From the records below, print exactly the lines starting at the one containing "(id q : Bytes) (p" and ending at the one containing "in rw (same, absent') refl", ends included, and nothing else.

[Records to use Boundary: Start]

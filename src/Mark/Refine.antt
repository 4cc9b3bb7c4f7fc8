-- ===== src/Mark/Refine.antt =====
-- A mark set as a finite map from identifiers to flags.
use poldek.Base.{
  ℕ, ◌≡◌, refl, sym, ap, ◌∙◌, inl, inr, Bool, true, false, Option, none, some, List, [], ◌∷◌, arith,
  if◌then◌else◌, Bool-cases, Option-cases,
}
use poldek.Base.Bytes.{Bytes, str_eq, str_ne, strcmp_eq}
use poldek.Pkg.{Pkg}
use poldek.Mark.{
  MarkFlags, no_marks, with_flag, has_any, changed, PkgMark, PkgmarkSet, get, change, package_id,
  pkgmark_set, pkgmark_isset, pkgmark_massset,
}

-- The abstract view: what is known of an identifier.
abbrev pub Marks : Type 0
Marks = Bytes → Option MarkFlags

abbrev pub view : List PkgMark → Marks
view ht id = elim (get id ht) [ none ↦ none | some m ↦ some m.flags ]

-- The calls that change a mark set.
pub data MarkOp : Type 0 where
  set_op : ℕ → Bool → MarkFlags → MarkOp
  massset_op : Bool → MarkFlags → MarkOp

abbrev pub changed? : Bool → MarkFlags → Option MarkFlags → Option MarkFlags
changed? set flag none = if set then some (with_flag no_marks flag) else none
changed? set flag (some flags) = some (changed set flags flag)

abbrev pub mass_changed? : Bool → MarkFlags → Option MarkFlags → Option MarkFlags
mass_changed? set flag none = none
mass_changed? set flag (some flags) = some (changed set flags flag)

view-here :
    (m : PkgMark) (ms : List PkgMark) (q : Bytes)
    → str_eq m.id q ≡ true
    → view (m ∷ ms) q ≡ some m.flags
unfolding get
view-here m ms q same = rw (view, get, same) refl

view-below :
    (m : PkgMark) (ms : List PkgMark) (q : Bytes)
    → str_eq m.id q ≡ false
    → view (m ∷ ms) q ≡ view ms q
unfolding get
view-below m ms q other = rw (view, get, other) refl

change-here :
    (id : Bytes) (set : Bool) (flag : MarkFlags) (m : PkgMark) (ms : List PkgMark)
    → str_eq m.id id ≡ true
    → change id set flag (m ∷ ms) ≡ record m { flags = changed set m.flags flag } ∷ ms
unfolding change
change-here id set flag m ms same = rw (change, same) refl

change-below :
    (id : Bytes) (set : Bool) (flag : MarkFlags) (m : PkgMark) (ms : List PkgMark)
    → str_eq m.id id ≡ false
    → change id set flag (m ∷ ms) ≡ m ∷ change id set flag ms
unfolding change
change-below id set flag m ms other = rw (change, other) refl

-- The entry that is changed is that of the identifier, if there is one.
view-change :
    (id q : Bytes) (set : Bool) (flag : MarkFlags) (ht : List PkgMark)
    → view (change id set flag ht) q
      ≡ (if str_eq id q then mass_changed? set flag (view ht q) else view ht q)
unfolding get change
view-change id q set flag [] = elim (Bool-cases (str_eq id q)) [
  | inl same ↦ rw same refl
  | inr other ↦ rw other refl
]
view-change id q set flag (m ∷ ms) =
    let touched : PkgMark = record m { flags = changed set m.flags flag } in
    elim (Bool-cases (str_eq m.id id)) [
      | inl here ↦
          let start = ap (λ l. view l q) (change-here id set flag m ms here) in
          elim (Bool-cases (str_eq m.id q)) [
            | inl same ↦
                let same' : str_eq id q ≡ true = rw (← strcmp_eq m.id id here) same in
                start ∙ view-here touched ms q same ∙ rw (same', view-here m ms q same) refl
            | inr other ↦
                let other' : str_eq id q ≡ false = rw (← strcmp_eq m.id id here) other in
                start ∙ view-below touched ms q other ∙ rw (other', view-below m ms q other) refl
          ]
      | inr below ↦
          let start = ap (λ l. view l q) (change-below id set flag m ms below) in
          elim (Bool-cases (str_eq m.id q)) [
            | inl same ↦
                let other : str_eq id q ≡ false = str_ne m.id id q below same in
                start
                ∙ view-here m (change id set flag ms) q same
                ∙ rw (other, view-here m ms q same) refl
            | inr apart ↦
                start
                ∙ view-below m (change id set flag ms) q apart
                ∙ rw (view-below m ms q apart) (view-change id q set flag ms)
          ]
    ]

view-massset :
    (q : Bytes) (set : Bool) (flag : MarkFlags) (ht : List PkgMark)
    → view (pkgmark_massset set flag ht) q ≡ mass_changed? set flag (view ht q)
unfolding get pkgmark_massset
view-massset q set flag [] = refl
view-massset q set flag (m ∷ ms) =
    let touched : PkgMark = record m { flags = changed set m.flags flag } in
    elim (Bool-cases (str_eq m.id q)) [
      | inl same ↦
          view-here touched (pkgmark_massset set flag ms) q same
          ∙ ap (mass_changed? set flag) (sym (view-here m ms q same))
      | inr other ↦
          view-below touched (pkgmark_massset set flag ms) q other
          ∙ view-massset q set flag ms
          ∙ ap (mass_changed? set flag) (sym (view-below m ms q other))
    ]

view-absent : (id : Bytes) (ht : List PkgMark) → get id ht ≡ none → view ht id ≡ none
view-absent id ht absent = rw (view, absent) refl

view-found :
    (id : Bytes) (ht : List PkgMark) (m : PkgMark) → get id ht ≡ some m → view ht id ≡ some m.flags
view-found id ht m found = rw (view, found) refl

-- On an identifier that has an entry the two updates are the same.
agree :
    (id q : Bytes) (set : Bool) (flag : MarkFlags) (ht : List PkgMark) (m : PkgMark)
    → view ht id ≡ some m.flags
    → (if str_eq id q then mass_changed? set flag (view ht q) else view ht q)
      ≡ (if str_eq id q then changed? set flag (view ht q) else view ht q)
agree id q set flag ht m found = elim (Bool-cases (str_eq id q)) [
  | inl same ↦
      let found' : view ht q ≡ some m.flags = rw (← strcmp_eq id q same) found in
      rw (same, found') refl
  | inr other ↦ rw other refl
]

abbrev made : Bytes → ℕ → MarkFlags → PkgMark
made id p flag = record { id = id; pkg = p; flags = with_flag no_marks flag }

view-made :
    (id q : Bytes) (p : ℕ) (set : Bool) (flag : MarkFlags) (ht : List PkgMark)
    → view ht id ≡ none
    → view (if set then made id p flag ∷ ht else ht) q
      ≡ (if str_eq id q then changed? set flag (view ht q) else view ht q)
view-made id q p true flag ht absent = elim (Bool-cases (str_eq id q)) [
  | inl same ↦
      let absent' : view ht q ≡ none = rw (← strcmp_eq id q same) absent in
      view-here (made id p flag) ht q same ∙ rw (same, absent') refl
  | inr other ↦ view-below (made id p flag) ht q other ∙ rw other refl
]
view-made id q p false flag ht absent = elim (Bool-cases (str_eq id q)) [
  | inl same ↦
      let absent' : view ht q ≡ none = rw (← strcmp_eq id q same) absent in rw (same, absent') refl
  | inr other ↦ rw other refl
]

abbrev pub has_any? : Option MarkFlags → MarkFlags → Bool
has_any? none flag = false
has_any? (some flags) flag = has_any flags flag

entry_flags :
    (o : Option PkgMark) (flag : MarkFlags)
    → (elim o [ none ↦ false | some m ↦ has_any m.flags flag ])
      ≡ has_any? (elim o [ none ↦ none | some m ↦ some m.flags ]) flag
entry_flags none flag = refl
entry_flags (some m) flag = refl

module _ (pkg_at : ℕ → Pkg) (printed : ℕ → Bytes) where
  set-absent :
      (pms : PkgmarkSet) (p : ℕ) (set : Bool) (flag : MarkFlags)
      → get (package_id pkg_at printed pms.idnevr p) pms.ht ≡ none
      → (pkgmark_set pkg_at printed pms p set flag).ht ≡ (
          if set
          then record {
            id = package_id pkg_at printed pms.idnevr p;
            pkg = p;
            flags = with_flag no_marks flag;
          }
            ∷ pms.ht
          else pms.ht)
  unfolding pkgmark_set
  set-absent pms p true flag absent = rw (pkgmark_set, absent) refl
  set-absent pms p false flag absent = rw (pkgmark_set, absent) refl

  set-found :
      (pms : PkgmarkSet) (p : ℕ) (set : Bool) (flag : MarkFlags) (m : PkgMark)
      → get (package_id pkg_at printed pms.idnevr p) pms.ht ≡ some m
      → (pkgmark_set pkg_at printed pms p set flag).ht
        ≡ change (package_id pkg_at printed pms.idnevr p) set flag pms.ht
  unfolding pkgmark_set
  set-found pms p set flag m found = rw (pkgmark_set, found) refl

  -- What `pkgmark_set` does to the map.
  pub view-pkgmark_set :
      (pms : PkgmarkSet) (p : ℕ) (set : Bool) (flag : MarkFlags) (q : Bytes)
      → view (pkgmark_set pkg_at printed pms p set flag).ht q ≡ (
          if str_eq (package_id pkg_at printed pms.idnevr p) q
          then changed? set flag (view pms.ht q)
          else view pms.ht q)
  view-pkgmark_set pms p set flag q =
      let id = package_id pkg_at printed pms.idnevr p in
      elim (Option-cases (get id pms.ht)) [
        | inl absent ↦
            ap (λ l. view l q) (set-absent pms p set flag absent)
            ∙ view-made id q p set flag pms.ht (view-absent id pms.ht absent)
        | inr (m, found) ↦
            ap (λ l. view l q) (set-found pms p set flag m found)
            ∙ view-change id q set flag pms.ht
            ∙ agree id q set flag pms.ht m (view-found id pms.ht m found)
      ]

  -- `pkgmark_set` leaves the kind of the identifiers.
  pub idnevr-pkgmark_set :
      (pms : PkgmarkSet) (p : ℕ) (set : Bool) (flag : MarkFlags)
      → (pkgmark_set pkg_at printed pms p set flag).idnevr ≡ pms.idnevr
  unfolding pkgmark_set
  idnevr-pkgmark_set pms p set flag =
      elim (Option-cases (get (package_id pkg_at printed pms.idnevr p) pms.ht)) [
        | inl absent ↦ ground arith
        | inr (m, found) ↦ ground arith
      ]

  -- One call, on a mark set and on a map.
  abbrev pub perform : MarkOp → PkgmarkSet → PkgmarkSet
  perform (set_op p set flag) pms = pkgmark_set pkg_at printed pms p set flag
  perform (massset_op set flag) pms = record pms { ht = pkgmark_massset set flag pms.ht }

  unfoldable pub run : List MarkOp → PkgmarkSet → PkgmarkSet
  run [] pms = pms
  run (op ∷ ops) pms = run ops (perform op pms)

  abbrev pub specify : Bool → MarkOp → Marks → Marks
  specify idnevr (set_op p set flag) marks q =
      if str_eq (package_id pkg_at printed idnevr p) q then changed? set flag (marks q) else marks q
  specify idnevr (massset_op set flag) marks q = mass_changed? set flag (marks q)

  unfoldable pub replay : Bool → List MarkOp → Marks → Marks
  replay idnevr [] marks = marks
  replay idnevr (op ∷ ops) marks = replay idnevr ops (specify idnevr op marks)

  perform-view :
      (op : MarkOp) (pms : PkgmarkSet) (q : Bytes)
      → view (perform op pms).ht q ≡ specify pms.idnevr op (view pms.ht) q
  perform-view (set_op p set flag) pms q = view-pkgmark_set pms p set flag q
  perform-view (massset_op set flag) pms q = view-massset q set flag pms.ht

  idnevr-perform : (op : MarkOp) (pms : PkgmarkSet) → (perform op pms).idnevr ≡ pms.idnevr
  idnevr-perform (set_op p set flag) pms = idnevr-pkgmark_set pms p set flag
  idnevr-perform (massset_op set flag) pms = refl

  specify-agree :
      (idnevr : Bool) (op : MarkOp) (f g : Marks) (q : Bytes)
      → f q ≡ g q
      → specify idnevr op f q ≡ specify idnevr op g q
  specify-agree idnevr (set_op p set flag) f g q e = rw e refl
  specify-agree idnevr (massset_op set flag) f g q e = rw e refl

  replay-agree :
      (idnevr : Bool) (ops : List MarkOp) (f g : Marks) (q : Bytes)
      → f q ≡ g q
      → replay idnevr ops f q ≡ replay idnevr ops g q
  unfolding replay
  replay-agree idnevr [] f g q e = e
  replay-agree idnevr (op ∷ ops) f g q e =
      replay-agree idnevr ops (specify idnevr op f) (specify idnevr op g) q
        (specify-agree idnevr op f g q e)

  -- A mark set is a finite map: after any calls of `pkgmark_set` and `pkgmark_massset`, whatever
  -- packages share an identifier, the flags found for an identifier are those that the same calls
  -- give on a function from identifiers to flags.
  pub run-refines :
      (ops : List MarkOp) (pms : PkgmarkSet) (q : Bytes)
      → view (run ops pms).ht q ≡ replay pms.idnevr ops (view pms.ht) q
  unfolding run replay
  run-refines [] pms q = refl
  run-refines (op ∷ ops) pms q =
      run-refines ops (perform op pms) q
      ∙ ap (λ b. replay b ops (view (perform op pms).ht) q) (idnevr-perform op pms)
      ∙ replay-agree pms.idnevr ops (view (perform op pms).ht) (specify pms.idnevr op (view pms.ht))
          q (perform-view op pms q)

  -- What `pkgmark_isset` answers is read off the map.
  pub isset-view :
      (pms : PkgmarkSet) (p : ℕ) (flag : MarkFlags)
      → pkgmark_isset pkg_at printed pms p flag
        ≡ has_any? (view pms.ht (package_id pkg_at printed pms.idnevr p)) flag
  unfolding pkgmark_isset
  isset-view pms p flag = entry_flags (get (package_id pkg_at printed pms.idnevr p) pms.ht) flag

[Records to use Boundary: End]

Answer to the problem »
    (id q : Bytes) (p : ℕ) (set : Bool) (flag : MarkFlags) (ht : List PkgMark)
    → view ht id ≡ none
    → view (if set then made id p flag ∷ ht else ht) q
      ≡ (if str_eq id q then changed? set flag (view ht q) else view ht q)
view-made id q p true flag ht absent = elim (Bool-cases (str_eq id q)) [
  | inl same ↦
      let absent' : view ht q ≡ none = rw (← strcmp_eq id q same) absent in
      view-here (made id p flag) ht q same ∙ rw (same, absent') refl
  | inr other ↦ view-below (made id p flag) ht q other ∙ rw other refl
]
view-made id q p false flag ht absent = elim (Bool-cases (str_eq id q)) [
  | inl same ↦
      let absent' : view ht q ≡ none = rw (← strcmp_eq id q same) absent in rw (same, absent') refl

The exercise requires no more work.